PCA, and in fact all dimensionality reduction methods, have three main uses:
To handle the clear goal of reducing the dimensionality and thus complexity of your dataset.
To pre-process your data in preparation for other supervised learning tasks, such as regression and classification.
To make visualizing your data easier, since we can only perceive three dimensions simultaneously.
According to Nielson Tetrad Demographics, the group of people who watch the most movies are people between the ages of 24 through 35. Let's say you had a list of 100 movies and surveyed 5000 people from within this demographic, asking them to rate all the movies they've seen on a scale of 1-10. By having considerably more data samples (5000 people) than features (100 ordinal movie ratings), you're more likely to avoid the curse of dimensionality.

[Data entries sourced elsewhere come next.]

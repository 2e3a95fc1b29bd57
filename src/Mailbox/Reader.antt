-- ===== src/Mailbox/Reader.antt =====
-- The reader of net/mail that ParseMessage uses: ReadMessage, and Header.Get.
pub mod Trim
pub mod Lines
use Prim.Native.Char.{Char, code}
use Prim.Native.String.{◌++◌ as append}
use text.Mathlib.TextLemmas.{
  cons-append, nil-append, append-nil as text_append-nil, append_assoc as text_append_assoc,
}
use botfam.Base.{
  ℕ, zero, suc, ◌+◌, ◌-◌, ◌*◌, ◌/◌, ◌%◌, ◌^◌, ◌≤◌, ◌<◌, String, ◌≡◌, refl, sym, ap, ◌∙◌, fun_ext,
  ◌≢◌, ◌↔◌, ◌⊎◌, inl, inr, Bool, true, false, not, ◌&&◌, ◌||◌, false≢true, Option, none, some, List,
  [], ◌∷◌, ◌++◌, map, append-nil, append_assoc, arith, ◌==◌, eq_iff, eq_refl, ltb, leb, nat_eq,
  if◌then◌else◌, ltb→lt, nat_eq_iff, Bool-cases, Option-cases, Error, engine, message, Result, ok,
  err, Exec, pure, raise, continue, ◌>>=◌, ◌>>◌, ignore, Result-cases, length, any, find, filter,
  update, length-append, any-append, is_some, or_else, any-find, All, All-append,
}
use botfam.Base.Text.{is_space, trim_space, is_blank, join, digit, format_int}
use botfam.Base.Runes.{
  all_chars, runes, take_runes, keep_chars, fields, all_chars-append, all_chars-take_runes,
  all_chars-keep_chars, runes-take_runes-le, all_chars-trim_space, all_chars-join-fields,
  starts_clean, starts_clean-trim_space, starts_clean-take_runes,
}
use botfam.Base.Numerals.{
  ℤ, is_positive, parse_int, format_integer, parse_int-format_int, max_int64,
}
use botfam.Mailbox.Message.{Headers}

-- A line without its end, and what stands after it.
pub record Line : Type 0 where
  pub text : String
  pub after : String

starts_newline : String → Bool
starts_newline String.[] = false
starts_newline (String.◌∷◌ c s) = nat_eq (code c) 10

-- A character in front of the first of the lines.
add_char : Char → List Line → List Line
add_char c [] = record { text = String.◌∷◌ c ""; after = "" } ∷ []
add_char c (l ∷ ls) = record { text = String.◌∷◌ c l.text; after = l.after } ∷ ls

-- textproto.Reader.ReadLine, over and over: lines end with a newline or with both characters
unfoldable pub lines : String → List Line
unfolding add_char starts_newline
lines String.[] = []
lines (String.◌∷◌ c s) =
    let rest = lines s in
    if nat_eq (code c) 10
    then record { text = ""; after = s } ∷ rest
    else if nat_eq (code c) 13 && starts_newline s
    then rest
    else add_char c rest

unfoldable pub is_blank_char : ℕ → Bool
is_blank_char c = nat_eq c 32 || nat_eq c 9

-- strings.TrimLeft(v, " \t")
unfoldable pub trim_blank_left : String → String
unfolding is_blank_char
trim_blank_left String.[] = ""
trim_blank_left (String.◌∷◌ c s) =
    let rest = trim_blank_left s in if is_blank_char (code c) then rest else String.◌∷◌ c s

keep_blank : Char → String → String
unfolding is_blank_char
keep_blank c String.[] = if is_blank_char (code c) then "" else String.◌∷◌ c ""
keep_blank c (String.◌∷◌ d s) = String.◌∷◌ c (String.◌∷◌ d s)

unfoldable pub trim_blank_right : String → String
unfolding keep_blank
trim_blank_right String.[] = ""
trim_blank_right (String.◌∷◌ c s) = keep_blank c (trim_blank_right s)

-- textproto's trim
unfoldable pub trim_blank : String → String
unfolding trim_blank_left trim_blank_right
trim_blank s = trim_blank_right (trim_blank_left s)

unfoldable pub starts_blank : String → Bool
unfolding is_blank_char
starts_blank String.[] = false
starts_blank (String.◌∷◌ c s) = is_blank_char (code c)

in_key : Char → Option (String × String) → Option (String × String)
in_key c none = none
in_key c (some (k, v)) = some (String.◌∷◌ c k, v)

-- strings.Cut(kv, ":")
unfoldable pub cut_colon : String → Option (String × String)
unfolding in_key
cut_colon String.[] = none
cut_colon (String.◌∷◌ c s) =
    let rest = in_key c (cut_colon s) in if nat_eq (code c) 58 then some ("", s) else rest

-- a line with an empty key is skipped
header_of : Option (String × String) → Headers → Result Headers
unfolding trim_blank_left
header_of none hs = err (message "malformed header line")
header_of (some (k, v)) hs = ok (if k == "" then hs else hs ++ (k, trim_blank_left v) ∷ [])

-- A header line, its continuation lines joined to it.
unfoldable pub add_header : String → Headers → Result Headers
unfolding cut_colon header_of
add_header kv hs = header_of (cut_colon kv) hs

-- the end of the input: an error, unless there are headers
at_end : Headers → Result (Headers × String)
at_end [] = err (message "EOF")
at_end (h ∷ hs) = ok (h ∷ hs, "")

-- The headers of the lines that follow the header line `kv`, and the text behind them.
read_after : String → Headers → List Line → Result (Headers × String)
unfolding add_header at_end trim_blank starts_blank
read_after kv hs [] = elim (add_header kv hs) [ ok hs' ↦ at_end hs' | err e ↦ err e ]
read_after kv hs (l ∷ ls) = elim (starts_blank l.text) [
  | true ↦ read_after (append kv (append " " (trim_blank l.text))) hs ls
  | false ↦ elim (add_header kv hs) [
    | err e ↦ err e
    | ok hs' ↦ elim (l.text == "") [
      | true ↦ ok (hs', l.after)
      | false ↦ read_after (trim_blank l.text) hs' ls
    ]
  ]
]

read_lines : List Line → Result (Headers × String)
unfolding read_after starts_blank trim_blank
read_lines [] = err (message "EOF")
read_lines (l ∷ ls) =
    if starts_blank l.text
    then err (message "malformed initial line")
    else if l.text == ""
    then ok ([], l.after)
    else read_after (trim_blank l.text) [] ls

-- mail.ReadMessage: the headers in their order, and the body
unfoldable pub read_message : String → Result (Headers × String)
unfolding lines read_lines
read_message b = read_lines (lines b)

lower_ascii : ℕ → ℕ
lower_ascii c = if leb 65 c && leb c 90 then c + 32 else c

-- Do the two keys differ at most in the case of ASCII letters?
unfoldable pub same_key : String → String → Bool
unfolding lower_ascii
same_key String.[] String.[] = true
same_key String.[] (String.◌∷◌ d t) = false
same_key (String.◌∷◌ c s) String.[] = false
same_key (String.◌∷◌ c s) (String.◌∷◌ d t) =
    nat_eq (lower_ascii (code c)) (lower_ascii (code d)) && same_key s t

-- Header.Get of a key of letters: the first value, or ""
unfoldable pub get : String → Headers → String
unfolding same_key
get key [] = ""
get key (h ∷ hs) = if same_key h.0 key then h.1 else get key hs

read_message_test :
    read_message "Subject: a\r\n b\r\nTo:  c\r\n\r\nx\r\ny"
    ≡ ok (("Subject", "a b") ∷ ("To", "c") ∷ [], "x\r\ny")
unfolding read_message
read_message_test = refl
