-- ===== src/Mailbox/Parse.antt =====
-- internal/mailbox/message.go: ParseMessage.
pub mod Fields
pub mod Values
pub mod RoundTrip
use Prim.Native.Char.{Char, code}
use Prim.Native.String.{◌++◌ as append}
use text.Mathlib.TextLemmas.{
  cons-append, nil-append, append-nil as text_append-nil, append_assoc as text_append_assoc,
}
use botfam.Base.{
  or_default, ℕ, zero, suc, ◌+◌, ◌-◌, ◌*◌, ◌/◌, ◌%◌, ◌^◌, ◌≤◌, ◌<◌, String, ◌≡◌, refl, sym, ap, ◌∙◌,
  fun_ext, ◌≢◌, ◌↔◌, ◌⊎◌, inl, inr, Bool, true, false, not, ◌&&◌, ◌||◌, false≢true, Option, none,
  some, List, [], ◌∷◌, ◌++◌, map, append-nil, append_assoc, arith, ◌==◌, eq_iff, eq_refl, ltb, leb,
  nat_eq, if◌then◌else◌, ltb→lt, nat_eq_iff, Bool-cases, Option-cases, Error, engine, message,
  Result, ok, err, Exec, pure, raise, continue, ◌>>=◌, ◌>>◌, ignore, Result-cases, length, any,
  find, filter, update, length-append, any-append, is_some, or_else, any-find, All, All-append,
}
use botfam.Base.Text.{is_space, trim_space, is_blank, join, digit, format_int}
use botfam.Base.Runes.{
  all_chars, runes, take_runes, keep_chars, fields, all_chars-append, all_chars-take_runes,
  all_chars-keep_chars, runes-take_runes-le, all_chars-trim_space, all_chars-join-fields,
  starts_clean, starts_clean-trim_space, starts_clean-take_runes,
}
use botfam.Base.Numerals.{ℤ, parse_int}
use botfam.Mailbox.Message.{Times, Message, Headers}
use botfam.Mailbox.Reader.{read_message, get}

module _ {Time : Type 0} (times : Times Time) where
  -- the message of the headers and the body that were read
  unfoldable pub decode : Headers → String → Message Time
  unfolding get parse_int
  decode hs body = record {
    from = get "From" hs;
    to = get "To" hs;
    subject = get "Subject" hs;
    source = get "Source" hs;
    kind = get "Kind" hs;
    seq = if get "Seq" hs == "" then ℤ.pos 0 else or_default (ℤ.pos 0) (parse_int (get "Seq" hs));
    date =
        if get "Date" hs == ""
        then times.zero_time
        else or_default times.zero_time (times.parse_rfc3339 (get "Date" hs));
    directed = get "Directed" hs == "true";
    traceparent = get "Traceparent" hs;
    body = body;
  }

  decode_read : Result (Headers × String) → Result (Message Time)
  unfolding decode
  decode_read (err e) = err e
  decode_read (ok (hs, body)) = ok (decode hs body)

  -- ParseMessage
  unfoldable pub parse_message : String → Result (Message Time)
  unfolding read_message decode_read
  parse_message b = decode_read (read_message b)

Having collected all that data, even though you asked 100 questions, what do you think truly is being measured by the survey? Overall, it is the collective movie preference per person. You could attempt to solve for this manually in a supervised way, by break down movies into well-known genres:
Action
Adventure
Comedy
Crime & Gangster
Drama
Historical
Horror
Musicals
Science Fiction
War
Western
etc.
Being unsupervised, PCA doesn't have access to these genre labels. In fact, it doesn't have or care for any labels whatsoever. This is important because it's entirely possible there wasn't a single western movie in your list of 1000 films, so it would be inappropriate and strange for PCA to derive a 'Western' principal component feature. By using PCA, rather than you creating categories manually, it discovers the natural categories that exist in your data. It can find as many of them as you tell it to, so long as that number is less than the original number of features you provided, and as long as you have enough samples to support it. The groups it finds are the principal components, and they are the best possible, linearly independent combination of features that you can use to describe your data.
One warning is that again, being unsupervised, PCA can't tell you exactly what the newly created components or features mean. If you're interested in how to interpret your principal components, we've included two sources in the dive deeper section to help out with that and highly recommend you explore them.
Once you've reduced your dataset's dimensionality using PCA to best describe its variance and linear structure, you can then transform your movie questionnaire dataset from its original [1000, 100] feature-space into the much more comfortable, principal component space, such as [1000, 10]. You can visualize your samples in this new space using an Andrew's plot, or scatter plot. And finally, you can base the rest of your analysis on your transformed features, rather than the original 100 feature dataset.
PCA is a very fast algorithm and helps you vaporizes redundant features, so when you have a high dimensionality dataset, start by running PCA on it and then visualizing it. This will better help you understand your data before continuing.
Projecting a Shadow
By transforming your samples into the feature space created by discarding under-prioritized features, a lower dimensional representation of your data, also known as shadow or projection is formed. In the shadow, some information has been lost—it has fewer features after all. You can actually visualize how much information has been lost by taking each sample and moving it to the nearest spot on the projection feature space. In the following 2D dataset, the orange line represents the principal component direction, and the gray line represents the second principal component. The one that's going to get dropped:
By dropping the gray component above, the goal is to project the 2D points onto 1D space. Move the original 2D samples to their closest spot on the line:
Once you've projected all samples to their closest spot on the major principal component, a shadow, or lower dimensional representation has been formed:
The summed distances traveled by all moved samples is equal to the total information lost by the projection. An an ideal situation, this lost information should be dominated by highly redundant features and random noise.